Hymns

2026-02-13

My heart has been beating so fast lately. I feel it pounding constantly.

I've been drinking too much coffee lately. I've gotten to the point now where I have caffeine all day, even at night. I can still fall asleep okay, but now, when I don't have coffee, I get headaches and become extremely tired. I slept in until noon again today. My health feels so fractured, and even though I'm taking steps to improve it through the gym and medications, there's still so much wrong with me.

I'm too young to be feeling this damn old.

I also started smoking again. I went through a whole pack yesterday and have been smoking today, too. The impacts have been readily apparent: my heart is beating even faster; my stomach churns with nausea. I feel so bad after smoking, but I keep coming back to it. There was this phrase I heard: "Recovery is giving up one thing for everything." Well, I feel like I have to give up twelve things, and they're constantly fighting for my attention. I don't have a monkey on my back but a whole troupe of them.

I've been trying to pray more. Throughout the day, I say the Jesus Prayer. I pray every morning and evening. I try to keep myself as close to God as I can because I'm afraid—of what might happen, of what won't happen, of what shouldn't happen. I do everything I can to assuage my anxiety, but it feels like it's not enough. Even when I feel close to God, I still have demons screaming at me from the periphery.

Life has been good. Despite these problems, there's still so much I have to be thankful for. I felt horrible not writing the last few days. There are all these thoughts on my mind; my inner dialogue never stops. I want to share this experience with you all, but it can seem like there aren't enough hours in the day. Coming here every day to make my mark is tough work. It's work that I love, but I feel myself putting so much weight on it.

There's so much more to life than what I feel like I can handle. Every moment of every day is a visceral sensory experience. My nerves constantly tingle as my mind zips through every minutia of experience. Down to the last millisecond, there's always something happening. I want to slow it down and take it in, but I constantly feel consumed. My intention isn't to say that I'm struggling, but to say that I'm afraid, tired, and not sure when I'll find that moment of rest.

I want to slow down, but I'm not sure if that's possible—in this moment, that is.

anon

I know God hears my prayers. Whatever is helping me write these thoughts is trying to tell me that I don't have to be so vigilant. Yet in spite of that, I still find myself going through the process. It's something that doesn't feel real. I constantly feel as if I'm under siege, that little bugs keep buzzing all around and that there's something inside of me that they're flying to. Why do I feel as if there's something out to get me? The paranoia hurts. It's as if, at any moment, I'll just spontaneously combust, and I'm trying to prepare myself for it despite the fact that there's nothing there.

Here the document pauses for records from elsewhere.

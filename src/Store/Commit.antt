-- ===== src/Store/Commit.antt =====
-- What a committed record leaves behind: its offenses and its checkpoint, together.
use bagel.Prelude.{
  ℕ, String, ◌≡◌, refl, sym, ◌∙◌, ◌⊎◌, inl, inr, Bool, true, false, some, List, [], ◌∷◌, ◌++◌,
  str_eq, ltb, Bool-cases, any, All,
}
use text.Mathlib.TextPositions.{eq_refl}
use mathlib.Core.Path.{subst}
use bagel.Store.Result.{
  Result, ok, err, transact, Ensures, Ensures-ok, Ensures-err, Ensures-bind, Ensures-if, ◌>>=◌,
}
use bagel.Store.Rows.{
  Checkpoint, CheckpointRow, Db, OffenseRow, Services, IsLawful, OffenseInput, EventInput,
  EventOutcome,
}
use bagel.Store.Insert.{json_of-ok}
use bagel.Store.Window.{
  Window, count_attempts, same_offense, consume, in_window, consume_attempts, insert_offense,
  upsert_checkpoint, put_checkpoint,
}
use bagel.Store.Events.{
  same_event, ban, judge, apply_offense, apply_offenses, apply_event, process_event,
}
use bagel.Store.Leases.{checkpoint, find_checkpoint, decode_checkpoint}
use bagel.Store.Replay.{any-snoc, any-append_left, any-update}

abbrev has_offense : String → String → String → List OffenseRow → Bool
has_offense source event_id policy = any (same_offense source event_id policy)

insert_offense-append :
    (r : OffenseRow) (rows : List OffenseRow)
    → Ensures (λ rows'. rows' ≡ rows ++ r ∷ []) (insert_offense r rows)
unfolding insert_offense
insert_offense-append r rows =
    Ensures-if (has_offense r.source r.event_id r.policy rows) (λ _. Ensures-err _)
      (λ _. Ensures-ok _ refl)

module _ {Network : Type 0} (v : Services Network) where
  judge-Recorded :
      (s e p : String) (o : OffenseInput Network) (t : ℕ) (w : Window) (db : Db)
      → has_offense s e p db.offenses ≡ true
      → Ensures (λ q. has_offense s e p q.1.offenses ≡ true) (judge v o t w db)
  unfolding judge ban consume_attempts
  judge-Recorded s e p o t w db h =
      Ensures-if (ltb (count_attempts w db.offenses) o.max_attempts) (λ _. Ensures-ok _ h)
        (λ _. Ensures-bind λ r k. Ensures-ok _ ((banned).at r k))
    where
      banned : Ensures (λ q. has_offense s e p q.1.offenses ≡ true) (ban v o t w db)
      banned = Ensures-bind λ _ _. Ensures-bind λ _ _.
          Ensures-ok _
            (any-update (same_offense s e p) (in_window w) consume (λ x. refl) db.offenses ∙ h)

  -- After an offense its own row stands in the table, with all that stood there before.
  apply_offense-Recorded :
      (s e p : String) (i : EventInput Network) (o : OffenseInput Network) (db : Db)
      → (has_offense s e p db.offenses ≡ true)
        ⊎ ((s ≡ i.source) × (e ≡ i.event_id) × (p ≡ o.policy))
      → Ensures (λ q. has_offense s e p q.1.offenses ≡ true) (apply_offense v i o db)
  unfolding apply_offense
  apply_offense-Recorded s e p i o db h = Ensures-bind λ u _. Ensures-bind λ offenses k.
      Ensures-bind λ active _.
        let here = inserted _ offenses k refl refl refl h in
        Ensures-if active
          (λ _.
            Ensures-ok _ (any-update (same_offense s e p) _ consume (λ x. refl) offenses ∙ here))
          (λ idle. Ensures-bind λ start _. judge-Recorded s e p o _ _ _ here)
    where
      inserted :
          (r : OffenseRow) (rows : List OffenseRow)
          → insert_offense r db.offenses ≡ ok rows
          → r.source ≡ i.source
          → r.event_id ≡ i.event_id
          → r.policy ≡ o.policy
          → (has_offense s e p db.offenses ≡ true)
            ⊎ ((s ≡ i.source) × (e ≡ i.event_id) × (p ≡ o.policy))
          → has_offense s e p rows ≡ true
      inserted r rows k a b c (inl old) =
          rw ((insert_offense-append r db.offenses).at rows k)
            (any-append_left (same_offense s e p) db.offenses (r ∷ []) old)
      inserted r rows k a b c (inr (d, f, g)) =
          rw ((insert_offense-append r db.offenses).at rows k) (
            any-snoc (same_offense s e p) db.offenses r
              (rw (a, b, c, d, f, g) (rw (eq_refl i.source, eq_refl i.event_id, eq_refl o.policy))))

  apply_offenses-kept :
      (s e p : String) (i : EventInput Network) (os : List (OffenseInput Network)) (db : Db)
      → has_offense s e p db.offenses ≡ true
      → Ensures (λ q. has_offense s e p q.1.offenses ≡ true) (apply_offenses v i os db)
  unfolding apply_offenses
  apply_offenses-kept s e p i [] db h = Ensures-ok _ h
  apply_offenses-kept s e p i (o ∷ os) db h = Ensures-bind λ r k. Ensures-bind λ rest m.
      Ensures-ok _ (
        (apply_offenses-kept s e p i os r.1
            ((apply_offense-Recorded s e p i o db (inl h)).at r k)).at
          rest m)

  -- The offenses of a record stand in a table.
  abbrev pub AreRecorded : EventInput Network → List (OffenseInput Network) → Db → Type 0
  AreRecorded i os db = All (λ o. has_offense i.source i.event_id o.policy db.offenses ≡ true) os

  apply_offenses-AreRecorded :
      (i : EventInput Network) (os : List (OffenseInput Network)) (db : Db)
      → Ensures (λ q. AreRecorded i os q.1) (apply_offenses v i os db)
  unfolding apply_offenses
  apply_offenses-AreRecorded i [] db = Ensures-ok _ tt
  apply_offenses-AreRecorded i (o ∷ os) db = Ensures-bind λ r k. Ensures-bind λ rest m.
      Ensures-ok _ (
        (apply_offenses-kept i.source i.event_id o.policy i os r.1 (
              (apply_offense-Recorded i.source i.event_id o.policy i o db
                  (inr (refl, refl, refl))).at
                r k)).at
            rest m,
        (apply_offenses-AreRecorded i os r.1).at rest m,
      )

  find_checkpoint-put :
      (c : CheckpointRow) (cs : List CheckpointRow)
      → find_checkpoint v c.source (put_checkpoint v c cs) ≡ some c.body
  unfolding find_checkpoint put_checkpoint
  find_checkpoint-put c [] = rw (eq_refl c.source)
  find_checkpoint-put c (d ∷ cs) = elim (Bool-cases (str_eq d.source c.source)) [
    | inl e ↦ rw (e, eq_refl c.source)
    | inr e ↦ rw (e, e) (find_checkpoint-put c cs)
  ]

  checkpoint-found :
      (source body : String) (c : Checkpoint) (db : Db)
      → find_checkpoint v source db.checkpoints ≡ some body
      → v.checkpoint_of_json body ≡ some c
      → checkpoint v source db ≡ ok (some c)
  unfolding checkpoint ◌>>=◌
  checkpoint-found source body c db f e = rw (f, decode_checkpoint, e)

  upsert_checkpoint-reads :
      IsLawful v
      → (source event_id : String) (c : Checkpoint) (t : ℕ) (db : Db)
      → Ensures
          (λ d. (checkpoint v source d ≡ ok (some c)) × (d.offenses ≡ db.offenses))
          (upsert_checkpoint v source event_id c t db)
  unfolding upsert_checkpoint
  upsert_checkpoint-reads law source event_id c t db = Ensures-bind λ body k. Ensures-bind λ u _.
      let row : CheckpointRow = record {
        source = source;
        event_id = event_id;
        body = body;
        updated_at = u;
      } in
      Ensures-ok _ (
        checkpoint-found source body c
            (record db { checkpoints = put_checkpoint v row db.checkpoints })
            (find_checkpoint-put row db.checkpoints)
            (law.checkpoint_reads c body (json_of-ok (v.checkpoint_json c) k)),
        refl,
      )

  apply_event-commits :
      IsLawful v
      → (i : EventInput Network) (db : Db)
      → Ensures
          (λ q.
            (q.0.duplicate ≡ true) × (q.1 ≡ db)
            ⊎ (q.0.duplicate ≡ false)
              × AreRecorded i i.offenses q.1
              × (checkpoint v i.source q.1 ≡ ok (some i.checkpoint)))
          (apply_event v i db)
  unfolding apply_event
  apply_event-commits law i db = Ensures-bind λ u _.
      Ensures-if (any (same_event i.source i.event_id) db.events)
        (λ _. Ensures-ok _ (inl (refl, refl)))
        (λ _. Ensures-bind λ r e. Ensures-bind λ db'' k.
          let (read, same) =
            (upsert_checkpoint-reads law i.source i.event_id i.checkpoint i.observed_at r.1).at db''
              k in
          Ensures-ok _ (
            inr (
              refl,
              subst
                  (λ rows.
                    All (λ o. has_offense i.source i.event_id o.policy rows ≡ true) i.offenses)
                  (sym same) ((apply_offenses-AreRecorded i i.offenses _).at r e),
              read,
            )))

  -- What the tables hold after a call, by its result.
  abbrev pub Committed : EventInput Network → Db → Db → Result (EventOutcome Network) → Type 0
  Committed i db db' (err e) = db' ≡ db
  Committed i db db' (ok o) =
      (o.duplicate ≡ true) × (db' ≡ db)
      ⊎ (o.duplicate ≡ false)
        × AreRecorded i i.offenses db'
        × (checkpoint v i.source db' ≡ ok (some i.checkpoint))

  -- For lawful services, a record is committed whole or not at all: when `process_event` fails,
  -- or finds a duplicate, no table changes; otherwise every offense of the record stands in the
  -- table and the checkpoint of its source reads back as the record's.
  pub process_event-commits :
      IsLawful v
      → (i : EventInput Network) (db : Db)
      → Committed i db (process_event v i db).1 (process_event v i db).0
  unfolding process_event transact
  process_event-commits law i db = go (apply_event v i db) refl
    where
      go :
          (q : Result (EventOutcome Network × Db))
          → apply_event v i db ≡ q
          → Committed i db (transact db q).1 (transact db q).0
      go (err x) e = refl
      go (ok (o, d)) e = (apply_event-commits law i db).at (o, d) e
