-- ===== src/Store/Disjoint.antt =====
-- The terms of the leases of one policy on one network.
use bagel.Prelude.{
  ℕ, ◌≤◌, String, ◌≡◌, refl, inl, inr, Bool, true, false, not, ◌&&◌, ◌||◌, List, [], ◌∷◌, ◌++◌,
  arith, str_eq, eq_iff, if◌then◌else◌, Bool-cases, keep, update, any, count, All,
}
use bagel.Store.Rows.{LeaseRow}
use bagel.Store.Window.{is_live, is_for, is_active}
use bagel.Store.Leases.{has_ended}

abbrev pub same_flag : Bool → Bool → Bool
same_flag true b = b
same_flag false b = not b

-- Of two leases of one policy on one network, both manual or neither, the earlier is closed or has
-- ended when the later starts.
abbrev pub follows : LeaseRow → LeaseRow → Bool
follows a b =
    not (str_eq a.policy b.policy && str_eq a.network b.network && same_flag a.manual b.manual)
    || not (is_live a)
    || has_ended b.created_at a.expires_at

abbrev pub IsDisjoint : List LeaseRow → Type 0
IsDisjoint [] = Unit
IsDisjoint (r ∷ rs) = All (λ b. follows r b ≡ true) rs × IsDisjoint rs

-- A change of rows that keeps what `follows` says keeps the terms disjoint.
abbrev Keeps : (LeaseRow → LeaseRow) → Type 0
Keeps g = (a b : LeaseRow) → follows a b ≡ true → follows (g a) (g b) ≡ true

abbrev pub changed : (LeaseRow → Bool) → (LeaseRow → LeaseRow) → LeaseRow → LeaseRow
changed p f r = if p r then f r else r

module _ (p : LeaseRow → Bool) (f : LeaseRow → LeaseRow) (k : Keeps (changed p f)) where
  All-follows-update :
      (a : LeaseRow) (rows : List LeaseRow)
      → All (λ b. follows a b ≡ true) rows
      → All (λ b. follows (changed p f a) b ≡ true) (update p f rows)
  All-follows-update a [] h = tt
  All-follows-update a (r ∷ rs) h = (k a r h.0, All-follows-update a rs h.1)

  pub update-IsDisjoint : (rows : List LeaseRow) → IsDisjoint rows → IsDisjoint (update p f rows)
  update-IsDisjoint [] h = tt
  update-IsDisjoint (r ∷ rs) h = (All-follows-update r rs h.0, update-IsDisjoint rs h.1)

module _ (p : LeaseRow → Bool) where
  All-keep {ℓ} : (P : LeaseRow → Type ℓ) (rows : List LeaseRow) → All P rows → All P (keep p rows)
  All-keep P [] h = tt
  All-keep P (r ∷ rs) h = elim (Bool-cases (p r)) [
    | inl e ↦ rw e (h.0, All-keep P rs h.1)
    | inr e ↦ rw e (All-keep P rs h.1)
  ]

  pub keep-IsDisjoint : (rows : List LeaseRow) → IsDisjoint rows → IsDisjoint (keep p rows)
  keep-IsDisjoint [] h = tt
  keep-IsDisjoint (r ∷ rs) h = elim (Bool-cases (p r)) [
    | inl e ↦ rw e (All-keep (λ b. follows r b ≡ true) rs h.0, keep-IsDisjoint rs h.1)
    | inr e ↦ rw e (keep-IsDisjoint rs h.1)
  ]

pub append-IsDisjoint :
    (rows : List LeaseRow) (n : LeaseRow)
    → IsDisjoint rows
    → All (λ a. follows a n ≡ true) rows
    → IsDisjoint (rows ++ n ∷ [])
append-IsDisjoint [] n h k = (tt, tt)
append-IsDisjoint (r ∷ rs) n h k = (All-snoc rs h.0, append-IsDisjoint rs n h.1 k.1)
  where
    All-snoc :
        (xs : List LeaseRow)
        → All (λ b. follows r b ≡ true) xs
        → All (λ b. follows r b ≡ true) (xs ++ n ∷ [])
    All-snoc [] a = (k.0, tt)
    All-snoc (x ∷ xs) a = (a.0, All-snoc xs a.1)

-- The guard of `apply_offense`: with no lease in force the next one follows all the others.
pub All-follows_of_inactive :
    (rows : List LeaseRow) (n : LeaseRow)
    → any (λ r. is_for n.policy n.network r && is_active n.created_at r) rows ≡ false
    → All (λ a. follows a n ≡ true) rows
unfolding is_active
All-follows_of_inactive [] n h = tt
All-follows_of_inactive (r ∷ rs) n h = (ground arith, All-follows_of_inactive rs n (ground arith))

-- A row that is in force, and a later one that has started, cannot both be of one policy and network.
module _ (policy network : String) (manual : Bool) (now : ℕ) where
  abbrev in_force : LeaseRow → Bool
  in_force r = is_for policy network r && same_flag manual r.manual && is_active now r

  in_force_once :
      (a b : LeaseRow)
      → in_force a ≡ true
      → b.created_at ≤ now
      → follows a b ≡ true
      → in_force b ≡ false
  unfolding is_active
  in_force_once a b h le f = ground (
    arith,
    eq_iff a.policy policy,
    eq_iff b.policy policy,
    eq_iff a.policy b.policy,
    eq_iff a.network network,
    eq_iff b.network network,
    eq_iff a.network b.network,
  )

  count_after :
      (a : LeaseRow) (rows : List LeaseRow)
      → in_force a ≡ true
      → All (λ r. r.created_at ≤ now) rows
      → All (λ b. follows a b ≡ true) rows
      → count in_force rows ≡ 0
  count_after a [] h le f = refl
  count_after a (b ∷ rows) h le f =
      rw (in_force_once a b h le.0 f.0) (omega (arith, count_after a rows h le.1 f.1))

  pub IsDisjoint-unique :
      (rows : List LeaseRow)
      → All (λ r. r.created_at ≤ now) rows
      → IsDisjoint rows
      → count in_force rows ≤ 1
  IsDisjoint-unique [] le d = omega arith
  IsDisjoint-unique (r ∷ rows) le d = elim (Bool-cases (in_force r)) [
    | inl e ↦ rw e (omega (arith, count_after r rows e le.1 d.0))
    | inr e ↦ rw e (omega (arith, IsDisjoint-unique rows le.1 d.1))
  ]
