-- ===== src/Store/Schedule/Bounds.antt =====
-- `ban_duration` in exact arithmetic, and its growth with the number of bans.
use bagel.Prelude.{
  ℕ, zero, suc, ◌+◌, ◌*◌, ◌^◌, ◌≤◌, min, ◌≡◌, ap, ◌∙◌, Option, none, some, List, [], ◌∷◌, arith,
  ◌==◌, if◌then◌else◌, length, count, get_or, u64_max, u32_max, saturating_mul,
}
use native.Mathlib.Nat.{
  mul-zero, mul_comm, min-eq_left, min-eq_right, pow-le-pow_right, mul-le-mul_left, le_refl,
  le_trans,
}
use native.Mathlib.Decide.{dec_le}
use bagel.Config.{BanSchedule}
use bagel.Store.Schedule.{step_of, ban_duration}

-- A saturated factor makes a product saturate like the exact product.
min-mul_left : (x p m : ℕ) → min (min x m * p) m ≡ min (x * p) m
min-mul_left x zero m = simp mul-zero
min-mul_left x (suc p) m = elim (dec_le x m) [
  | yes a ↦ rw (min-eq_left a)
  | no a ↦
      let big : m ≤ x = omega arith in
      rw (min-eq_right big) (omega (arith, le-mul_of_le p big, le-mul_of_le p (le_refl m)))
]
  where
    le-mul_of_le : {m x : ℕ} (q : ℕ) → m ≤ x → m ≤ x * suc q
    le-mul_of_le q h = omega arith

min-mul : (x p m : ℕ) → min (min x m * min p m) m ≡ min (x * p) m
min-mul x p m =
    min-mul_left x (min p m) m
    ∙ ap (λ (t : ℕ). min t m) (mul_comm x (min p m))
    ∙ min-mul_left p x m
    ∙ ap (λ (t : ℕ). min t m) (mul_comm p x)

-- What the multiplier would be on numbers of any size.
abbrev exact_step : List ℕ → ℕ → ℕ
exact_step [] count = 2 ^ min count u32_max
exact_step (m ∷ ms) count = get_or (m ∷ ms) (min count (length ms)) 0

abbrev exact_jitter : BanSchedule → (ℕ → ℕ) → ℕ
exact_jitter s draw = if s.jitter_secs == 0 then 0 else draw s.jitter_secs

step_of-exact :
    (ms : List ℕ) (count x : ℕ)
    → saturating_mul (min x u64_max) (step_of ms count) ≡ min (x * exact_step ms count) u64_max
unfolding step_of
step_of-exact [] count x = min-mul x (2 ^ min count u32_max) u64_max
step_of-exact (m ∷ ms) count x = min-mul_left x _ u64_max

-- The saturating operations never show: for a schedule with a base duration and a
-- `max_duration_secs` that fits 64 bits, a ban lasts the product of base, factor and multiplier
-- plus the jitter, as numbers of any size, cut at the maximum.
pub ban_duration-exact :
    (s : BanSchedule) (base count : ℕ) (draw : ℕ → ℕ)
    → s.duration_secs ≡ some base
    → s.max_duration_secs ≤ u64_max
    → ban_duration s count draw
      ≡ some (
          min
            (base * s.factor * exact_step s.multipliers count + exact_jitter s draw)
            s.max_duration_secs)
unfolding ban_duration
ban_duration-exact s base count draw h k =
    rw (h, ban_duration)
      (ap some (omega (arith, step_of-exact s.multipliers count (base * s.factor))))

-- No step of the ladder is below the one before it.
abbrev pub IsAscending : List ℕ → Type 0
IsAscending [] = Unit
IsAscending (m ∷ []) = Unit
IsAscending (m ∷ n ∷ ms) = (m ≤ n) × IsAscending (n ∷ ms)

get_or_mono :
    (m : ℕ) (ms : List ℕ) (i j : ℕ)
    → IsAscending (m ∷ ms)
    → i ≤ j
    → j ≤ length ms
    → get_or (m ∷ ms) i 0 ≤ get_or (m ∷ ms) j 0
get_or_mono m ms zero zero a h k = le_refl m
get_or_mono m (n ∷ ms) zero (suc j) a h k =
    le_trans a.0 (get_or_mono n ms zero j a.1 (omega arith) (omega arith))
get_or_mono m (n ∷ ms) (suc i) (suc j) a h k = get_or_mono n ms i j a.1 (omega arith) (omega arith)
get_or_mono m ms i j a h k = absurd (omega arith)

step_of_mono : (ms : List ℕ) (c d : ℕ) → IsAscending ms → c ≤ d → step_of ms c ≤ step_of ms d
unfolding step_of
step_of_mono [] c d a h = omega (
  arith,
  pow-le-pow_right {n = 2} (omega arith) {i = min c u32_max} {j = min d u32_max} (omega arith),
)
step_of_mono (m ∷ ms) c d a h =
    get_or_mono m ms (min c (length ms)) (min d (length ms)) a (omega arith) (omega arith)

-- The value of a ban, at most the maximum; a permanent ban has none.
abbrev pub duration_or : ℕ → Option ℕ → ℕ
duration_or d none = d
duration_or d (some a) = a

-- A further ban is never shorter: for a schedule with a base duration and ascending multipliers,
-- with the same draw, the duration grows with the number of bans in the history and never passes
-- the maximum.
pub ban_duration_mono :
    (s : BanSchedule) (base c d : ℕ) (draw : ℕ → ℕ)
    → s.duration_secs ≡ some base
    → IsAscending s.multipliers
    → c ≤ d
    → (duration_or 0 (ban_duration s c draw) ≤ duration_or 0 (ban_duration s d draw))
      × (duration_or 0 (ban_duration s d draw) ≤ s.max_duration_secs)
unfolding ban_duration
ban_duration_mono s base c d draw h a le =
    rw (h, ban_duration)
      (
        omega (
          arith,
          mul-le-mul_left (min (base * s.factor) u64_max) (step_of_mono s.multipliers c d a le),
        ),
        omega arith,
      )
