-- ===== src/Proc.antt =====
-- kernel/proc.c: the process table. A pointer to proc[i] is i + 1 and a null pointer 0; a channel
-- is an address, that of proc[i] again i + 1, and of any other object above NPROC. Each function
-- is what one critical section under p->lock, wait_lock or pid_lock does; Steps says which of them
-- follow one another. Memory, files, names and saved registers of a process are left out.
pub mod Loops
pub mod Search
pub mod Inv
pub mod Changes
pub mod Exit
pub mod Steps
pub mod Reachable
pub mod Wait
mod Tests
use os.Prelude.{
  ℕ, zero, suc, ◌+◌, ◌-◌, ◌^◌, Bool, true, false, not, ◌&&◌, ◌||◌, Option, none, some, ◌==◌,
  if◌then◌else◌, update, u32,
}
use os.Kernel.{Result, ok, panic, Prog, ◌>>=◌, ◌>>◌}

abbrev pub nproc : ℕ
nproc = 64

-- enum procstate
abbrev pub unused : ℕ
unused = 0

abbrev pub used : ℕ
used = 1

abbrev pub sleeping : ℕ
sleeping = 2

abbrev pub runnable : ℕ
runnable = 3

abbrev pub running : ℕ
running = 4

abbrev pub zombie : ℕ
zombie = 5

pub record Proc : Type 0 where
  pub state : ℕ
  pub chan : ℕ
  pub killed : Bool
  pub xstate : ℕ
  pub pid : ℕ
  pub parent : ℕ

-- the array proc[], nextpid, and initproc as a pointer
pub record Table : Type 0 where
  pub proc : ℕ → Proc
  pub next_pid : ℕ
  pub init : ℕ

abbrev pub ptr : ℕ → ℕ
ptr i = i + 1

abbrev pub set_proc : Table → ℕ → Proc → Table
set_proc t i p = record t { proc = update t.proc i p }

-- procinit(), on zeroed memory
abbrev pub procinit : Table
procinit = record {
  proc = λ _. record { state = unused; chan = 0; killed = false; xstate = 0; pid = 0; parent = 0 };
  next_pid = 1;
  init = 0;
}

unfoldable pub allocpid : Table → ℕ × Table
allocpid t = (t.next_pid, record t { next_pid = u32 (t.next_pid + 1) })

unfoldable pub freeproc : ℕ → Table → Table
freeproc i t =
    set_proc t i
      (record { state = unused; chan = 0; killed = false; xstate = 0; pid = 0; parent = 0 })

-- the first unused entry from `i` on, `left` entries before the end of the table
pub find_unused : ℕ → ℕ → Table → Option ℕ
find_unused zero i t = none
find_unused (suc left) i t =
    let rest = find_unused left (i + 1) t in if (t.proc i).state == unused then some i else rest

-- what allocproc() does with the entry it has found; `page` and `pagetable` are whether these
-- could be allocated
unfoldable pub alloc_entry : Bool → Bool → Table → Option ℕ → Option ℕ × Table
alloc_entry page pagetable t none = (none, t)
alloc_entry page pagetable t (some i) =
    let (pid, t') = allocpid t in
    let u = set_proc t' i (record (t'.proc i) { pid = pid; state = used }) in
    if page && pagetable then (some i, u) else (none, freeproc i u)

unfoldable pub allocproc : Bool → Bool → Table → Option ℕ × Table
allocproc page pagetable t = alloc_entry page pagetable t (find_unused nproc 0 t)

unfoldable pub userinit : Bool → Bool → Table → Option Table
userinit page pagetable t =
    let (np, t') = allocproc page pagetable t in
    elim np [
      | none ↦ none
      | some i ↦
          some (record (set_proc t' i (record (t'.proc i) { state = runnable })) { init = ptr i })
    ]

-- what kfork() does with the result of allocproc(); `copied` is whether uvmcopy() succeeded
unfoldable pub fork_entry : Bool → Option ℕ × Table → Option (ℕ × ℕ) × Table
fork_entry copied (none, t) = (none, t)
fork_entry copied (some i, t) =
    if copied then (some (i, (t.proc i).pid), t) else (none, freeproc i t)

-- kfork() up to the release of np->lock: the child and its pid
unfoldable pub fork_alloc : Bool → Bool → Bool → Table → Option (ℕ × ℕ) × Table
fork_alloc page pagetable copied t = fork_entry copied (allocproc page pagetable t)

-- np->parent = p under wait_lock, then np->state = RUNNABLE under np->lock
unfoldable pub fork_parent : ℕ → ℕ → Table → Table
fork_parent np me t = set_proc t np (record (t.proc np) { parent = ptr me })

unfoldable pub fork_ready : ℕ → Table → Table
fork_ready np t = set_proc t np (record (t.proc np) { state = runnable })

-- `left` rounds of wakeup() from `i` on; `me` is myproc()
unfoldable pub wakeup_loop : ℕ → ℕ → ℕ → ℕ → Table → Table
wakeup_loop me chan zero i t = t
wakeup_loop me chan (suc left) i t =
    let p = t.proc i in
    wakeup_loop me chan left (i + 1) (
      if not (ptr i == me) && p.state == sleeping && p.chan == chan
      then set_proc t i (record p { state = runnable })
      else t)

unfoldable pub wakeup : ℕ → ℕ → Table → Table
wakeup me chan = wakeup_loop me chan nproc 0

unfoldable pub reparent_loop : ℕ → ℕ → ℕ → Table → Table
reparent_loop me zero i t = t
reparent_loop me (suc left) i t = reparent_loop me left (i + 1) (
    if (t.proc i).parent == me
    then wakeup me t.init (set_proc t i (record (t.proc i) { parent = t.init }))
    else t)

unfoldable pub reparent : ℕ → Table → Table
reparent me = reparent_loop me nproc 0

-- kexit() from wait_lock on; its first test is the one for initproc
unfoldable pub kexit : ℕ → ℕ → Prog Table (Unit {0})
kexit i status t =
    let u = reparent (ptr i) t in
    let v = wakeup (ptr i) (u.proc i).parent u in
    if ptr i == t.init
    then panic "init exiting"
    else ok (tt, set_proc v i (record (v.proc i) { xstate = status; state = zombie }))

-- What the scan of kwait() finds: a child to reap, one whose status cannot be copied out, or
-- whether there are children.
pub data Scan : Type 0 where
  reap copy_fails : ℕ → Scan
  kids : Bool → Scan

-- `copy` is whether the exit status can be stored at the caller's address
pub scan : (ℕ → Bool) → ℕ → ℕ → ℕ → Bool → Table → Scan
scan copy me zero i have_kids t = kids have_kids
scan copy me (suc left) i have_kids t =
    let p = t.proc i in
    let rest = scan copy me left (i + 1) (p.parent == me || have_kids) t in
    if p.parent == me && p.state == zombie
    then if copy p.xstate then reap i else copy_fails i
    else rest

-- what kwait() does at the end of a round: it returns a pid, returns -1, or sleeps
pub data Waited : Type 0 where
  reaped : ℕ → Waited
  failed asleep : Waited

unfoldable pub sleep : ℕ → ℕ → Table → Table
sleep i chan t = set_proc t i (record (t.proc i) { chan = chan; state = sleeping })

-- the end of sleep(), once the process runs again
unfoldable pub sleep_end : ℕ → Table → Table
sleep_end i t = set_proc t i (record (t.proc i) { chan = 0 })

-- what kwait() does with what the scan found
unfoldable pub kwait_found : ℕ → Table → Scan → Waited × Table
kwait_found i t (reap j) = (reaped (t.proc j).pid, freeproc j t)
kwait_found i t (copy_fails j) = (failed, t)
kwait_found i t (kids have) =
    if not have || (t.proc i).killed then (failed, t) else (asleep, sleep i (ptr i) t)

-- one round of the loop of kwait(), under wait_lock
unfoldable pub kwait : (ℕ → Bool) → ℕ → Table → Waited × Table
kwait copy i t = kwait_found i t (scan copy (ptr i) nproc 0 false t)

unfoldable pub yield : ℕ → Table → Table
yield i t = set_proc t i (record (t.proc i) { state = runnable })

-- the scheduler's visit to an entry, up to swtch(): whether it runs the process
unfoldable pub schedule : ℕ → Table → Bool × Table
schedule i t =
    if (t.proc i).state == runnable
    then (true, set_proc t i (record (t.proc i) { state = running }))
    else (false, t)

-- kkill() from entry `i` on: whether the pid was found
unfoldable pub kill_loop : ℕ → ℕ → ℕ → Table → Bool × Table
kill_loop pid zero i t = (false, t)
kill_loop pid (suc left) i t =
    let p = t.proc i in
    let rest = kill_loop pid left (i + 1) t in
    if p.pid == pid
    then (
      true,
      set_proc t i
          (record p { killed = true; state = if p.state == sleeping then runnable else p.state }),
    )
    else rest

unfoldable pub kkill : ℕ → Table → Bool × Table
kkill pid = kill_loop pid nproc 0

unfoldable pub setkilled : ℕ → Table → Table
setkilled i t = set_proc t i (record (t.proc i) { killed = true })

I don't want anyone to worry about me. I am safe, protected, and comforted. I know that there is boundless love everywhere I go, even if I can't always feel it. Even when I'm alone, there's always something I can turn to. I can always pray. I can always seek. I will keep knocking—I must. My internal world is in progress. I will cultivate it in whatever condition I find myself in. I know that rest is coming. Even when I find myself in a perpetual all-night vigil, I will keep praying.

If God wills it, I might even hear the angels sing.